Aim of the exercise: In the material below, find the line containing "abbrev pub approval_of" and the line containing "else approve_body w u (body r.json) s", then reproduce exactly both of them and every line between, and nothing else.

Material supplied:
****************

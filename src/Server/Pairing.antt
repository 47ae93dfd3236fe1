-- ===== src/Server/Pairing.antt =====
-- internal/server/auth.go, `Pair`: a command line starts a pairing, an administrator approves it in a
-- browser, and the command line's poll takes a session for it.
pub mod Steps
pub mod Eviction
pub mod Refinement
pub mod Bound
pub mod Redeeming
use lab_gate.Prelude.{
  ℕ, zero, suc, ◌+◌, ◌-◌, leb, ltb, is_lower, precedes, Text, codes, List, [], ◌∷◌, ◌++◌, map,
  Option, none, some, Bool, true, false, not, ◌&&◌, ◌||◌, ◌==◌, text_eq, nat_eq, if◌then◌else◌,
  first, any, select, update, count, length, Error, fail, Result, ok, err, ◌>>=◌, drop,
}
use lab_gate.Config.{Config, admin}
use lab_gate.Store.{login, tx}
use lab_gate.Server.Tables.{
  Kind, web, cli, is_web, User, Login, Approval, Pairing, Site, is_unapproved, remove, insert_login,
  insert_pairing, log_event,
}
use lab_gate.Server.Request.{
  Request, Json, body, equal, Answer, status, failure, pending, confirmed, started, granted,
  Response, plain, problem, Moment,
}
use lab_gate.Server.Auth.{week, session, csrf}

-- `strings.ToUpper`, on ASCII.
abbrev pub upper_byte : ℕ → ℕ
upper_byte c = if is_lower c then c - 32 else c

-- ORDER BY expires_at DESC,id DESC
abbrev pub is_after : Pairing → Pairing → Bool
is_after p q = ltb q.expires p.expires || p.expires == q.expires && precedes q.id p.id

unfoldable pub place : Pairing → List Pairing → List Pairing
place p [] = p ∷ []
place p (q ∷ qs) = let rest = place p qs in if is_after p q then p ∷ q ∷ qs else q ∷ rest

unfoldable pub latest_first : List Pairing → List Pairing
unfolding place
latest_first [] = []
latest_first (p ∷ ps) = place p (latest_first ps)

-- `maxPendingPairings`
abbrev pub max_pending_pairings : ℕ
max_pending_pairings = 1024

-- The unapproved pairings behind the first `n` are deleted.
unfoldable pub evict : ℕ → List Pairing → List Pairing
unfolding latest_first
evict n ps =
    let old = drop n (latest_first (select is_unapproved ps)) in
    remove (λ p. any (λ q. q.id == p.id) old) ps

unfoldable pub start_pairing : Moment → Text → Text → Text → Site → Result (Unit {0} × Site)
unfolding evict
start_pairing w id secret_hash code s = do
  s' ←
      insert_pairing
        (record {
          id = id;
          secret_hash = secret_hash;
          code = code;
          expires = w.clock 0 + 300000;
          approval = none;
        })
        (record s {
          pairings =
              evict (max_pending_pairings - 1) (remove (λ p. leb p.expires (w.clock 1)) s.pairings);
        })
  ok (tt, s')

-- code=? AND expires_at>? AND approved_at IS NULL
abbrev pub is_code : Text → ℕ → Pairing → Bool
is_code code now p = p.code == code && ltb now p.expires && is_unapproved p

-- id=? AND expires_at>?
abbrev pub is_open : Text → ℕ → Pairing → Bool
is_open id now p = p.id == id && ltb now p.expires

-- What the three requests carry.
pub record Poll : Type 0 where
  pub id : Text
  pub secret : Text

module _ (hash : Text → Text) where
  abbrev pub was_started : Text → Text → Result (Unit {0}) × Site → Response × Site
  was_started id code (ok u, s) = (plain (started id code), s)
  was_started id code (err e, s) = (plain (problem e), s)

  abbrev pub start_with : Moment → Result Text → Site → Response × Site
  unfolding start_pairing
  start_with w (err e) s = (plain (problem e), s)
  start_with w (ok secret) s =
      if ltb (length secret) 32 || ltb 128 (length secret)
      then (plain (status 400), s)
      else (let code = map upper_byte (w.random 1) in
          was_started (w.random 0) code
            (tx w.fault (start_pairing w (w.random 0) (hash secret) code) s))

  unfoldable pub start : Moment → Request (Json Text) → Site → Response × Site
  start w r s = start_with w (body r.json) s

  abbrev pub approval_of : Moment → User → Approval
  approval_of w u = record { email = u.email; name = u.name; at = w.clock 1 }

  unfoldable pub approve_code : Moment → User → Text → Site → Response × Site
  approve_code w u code s =
      if w.fault
      then (plain (failure 500 "Operation failed; retry or check server diagnostics"), s)
      else (let n = count (is_code code (w.clock 2)) s.pairings in
          let s' = record s {
            pairings =
                update (is_code code (w.clock 2))
                  (λ p. record p { approval = some (approval_of w u) }) s.pairings;
          } in
          (
            plain (
                if n == 1
                then confirmed
                else failure 400 "Pairing code expired, unknown, or already approved"),
            s',
          ))

  abbrev pub approve_body : Moment → User → Result Text → Site → Response × Site
  approve_body w u (err e) s = (plain (problem e), s)
  approve_body w u (ok code) s = approve_code w u code s

  abbrev pub approve_by :
      Config → Moment → Request (Json Text) → Option (User × Text) → Site → Response × Site
  approve_by c w r none s = (plain (status 401), s)
  approve_by c w r (some (u, raw)) s =
      if not (admin c u.email) || not (is_web u.kind) || not (csrf hash c r raw u.kind)
      then (plain (status 403), s)
      else approve_body w u (body r.json) s

  unfoldable pub approve : Config → Moment → Request (Json Text) → Site → Response × Site
  approve c w r s = approve_by c w r (session hash c w r s) s

  abbrev pub expired {ℓ} : {A : Type ℓ} → Result A
  expired = err (fail 400 "Pairing expired or invalid")

  -- The token, or none while the pairing is unapproved.
  unfoldable pub redeem : Config → Moment → Pairing → Site → Result (Option Text × Site)
  redeem c w p s = elim p.approval [
    | none ↦ ok (none, s)
    | some a ↦
        (if not (admin c a.email) then err (fail 403 "Administrator access removed") else do
          s' ←
              insert_login
                (record {
                  token_hash = hash (w.random 0);
                  user = record { email = a.email; name = a.name; kind = cli };
                  expires = w.clock 1 + week;
                })
                (record s { pairings = remove (λ q. q.id == p.id) s.pairings })
          s'' ← log_event (w.random 1) a.email login (codes "CLI login") (w.clock 2) s'
          ok (some (w.random 0), s''))
  ]

  abbrev pub redeem_found :
      Config → Moment → Text → Option Pairing → Site → Result (Option Text × Site)
  redeem_found c w secret none s = expired
  redeem_found c w secret (some p) s =
      if w.unread || not (equal p.secret_hash (hash secret)) then expired else redeem c w p s

  abbrev pub polled : Result (Option Text) × Site → Response × Site
  polled (err e, s) = (plain (problem e), s)
  polled (ok none, s) = (plain pending, s)
  polled (ok (some raw), s) = (plain (granted raw), s)

  abbrev pub poll_for : Config → Moment → Result Poll → Site → Response × Site
  poll_for c w (err e) s = (plain (problem e), s)
  poll_for c w (ok b) s = polled (
      tx w.fault (λ s. redeem_found c w b.secret (first (is_open b.id (w.clock 0)) s.pairings) s) s)

  unfoldable pub poll : Config → Moment → Request (Json Poll) → Site → Response × Site
  poll c w r s = poll_for c w (body r.json) s

-- What the JSON library makes of a body, for each of the three requests.
pub record Bodies : Type 0 where
  pub secret : Json Text
  pub code : Json Text
  pub poll : Json Poll

abbrev pub with_json : {B C : Type 0} → Request B → C → Request C
with_json r json = record {
  method = r.method;
  path = r.path;
  authorization = r.authorization;
  session_cookie = r.session_cookie;
  oauth_cookie = r.oauth_cookie;
  origin = r.origin;
  csrf_token = r.csrf_token;
  query_state = r.query_state;
  query_code = r.query_code;
  json = json;
}

-- `Pair`
unfoldable pub handle_pair :
    (Text → Text) → Config → Moment → Request Bodies → Site → Response × Site
handle_pair hash c w r s =
    if not (r.method == codes "POST")
    then (plain (status 405), s)
    else if r.path == codes "/api/cli/start"
    then start hash w (with_json r r.json.secret) s
    else if r.path == codes "/api/cli/approve"
    then approve hash c w (with_json r r.json.code) s
    else if r.path == codes "/api/cli/poll"
    then poll hash c w (with_json r r.json.poll) s
    else (plain (status 404), s)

****************

Solution for this problem:
  abbrev pub approval_of : Moment → User → Approval
  approval_of w u = record { email = u.email; name = u.name; at = w.clock 1 }

  unfoldable pub approve_code : Moment → User → Text → Site → Response × Site
  approve_code w u code s =
      if w.fault
      then (plain (failure 500 "Operation failed; retry or check server diagnostics"), s)
      else (let n = count (is_code code (w.clock 2)) s.pairings in
          let s' = record s {
            pairings =
                update (is_code code (w.clock 2))
                  (λ p. record p { approval = some (approval_of w u) }) s.pairings;
          } in
          (
            plain (
                if n == 1
                then confirmed
                else failure 400 "Pairing code expired, unknown, or already approved"),
            s',
          ))

  abbrev pub approve_body : Moment → User → Result Text → Site → Response × Site
  approve_body w u (err e) s = (plain (problem e), s)
  approve_body w u (ok code) s = approve_code w u code s

  abbrev pub approve_by :
      Config → Moment → Request (Json Text) → Option (User × Text) → Site → Response × Site
  approve_by c w r none s = (plain (status 401), s)
  approve_by c w r (some (u, raw)) s =
      if not (admin c u.email) || not (is_web u.kind) || not (csrf hash c r raw u.kind)
      then (plain (status 403), s)
      else approve_body w u (body r.json) s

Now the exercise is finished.